◆ **PROBLEM REQUIREMENTS**:
Please return every line below that contains the string "first".
──────────────────────────────
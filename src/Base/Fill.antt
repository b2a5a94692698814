-- ===== src/Base/Fill.antt =====
-- `memcpy` into a window whose rest is filled: the first bytes of a source, padded to a size.
use Prim.Native.Nat.{ℕ, zero, suc, ◌<◌}
use mathlib.Core.Path.{◌≡◌, refl, ap}
use mathlib.Core.List.{List, [], ◌∷◌}
use native.Mathlib.Omega.{arith}
use proto_time.Base.Lists.{length, get_or, replicate, length-replicate}

-- The first `n` elements of `src`, with `pad` behind them where `src` is shorter.
abbrev pub fit {ℓ} : {A : Type ℓ} → ℕ → A → List A → List A
fit zero pad src = []
fit (suc n) pad [] = pad ∷ fit n pad []
fit (suc n) pad (x ∷ src) = x ∷ fit n pad src

module _ {ℓ} {A : Type ℓ} where
  pub length-fit : (n : ℕ) (pad : A) (src : List A) → length (fit n pad src) ≡ n
  length-fit zero pad src = refl
  length-fit (suc n) pad [] = ap suc (length-fit n pad [])
  length-fit (suc n) pad (x ∷ src) = ap suc (length-fit n pad src)

  pub get_or-fit :
      (n : ℕ) (pad : A) (src : List A) (i : ℕ)
      → i < n
      → get_or (fit n pad src) i pad ≡ get_or src i pad
  get_or-fit zero pad src i h = absurd (omega arith)
  get_or-fit (suc n) pad [] zero h = refl
  get_or-fit (suc n) pad [] (suc i) h = get_or-fit n pad [] i (omega arith)
  get_or-fit (suc n) pad (x ∷ src) zero h = refl
  get_or-fit (suc n) pad (x ∷ src) (suc i) h = get_or-fit n pad src i (omega arith)

  pub fit-length : (pad : A) (src : List A) → fit (length src) pad src ≡ src
  fit-length pad [] = refl
  fit-length pad (x ∷ src) = ap (◌∷◌ x) (fit-length pad src)

-- An array of one value that is not computed with: tests use its length alone.
pub filled : ℕ → ℕ → List ℕ
filled n v = replicate n v

pub length-filled : (n v : ℕ) → length (filled n v) ≡ n
unfolding filled
length-filled n v = length-replicate n v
──────────────────────────────
◆ **SOLUTION FOR THIS TASK**:
-- `memcpy` into a window whose rest is filled: the first bytes of a source, padded to a size.
-- The first `n` elements of `src`, with `pad` behind them where `src` is shorter.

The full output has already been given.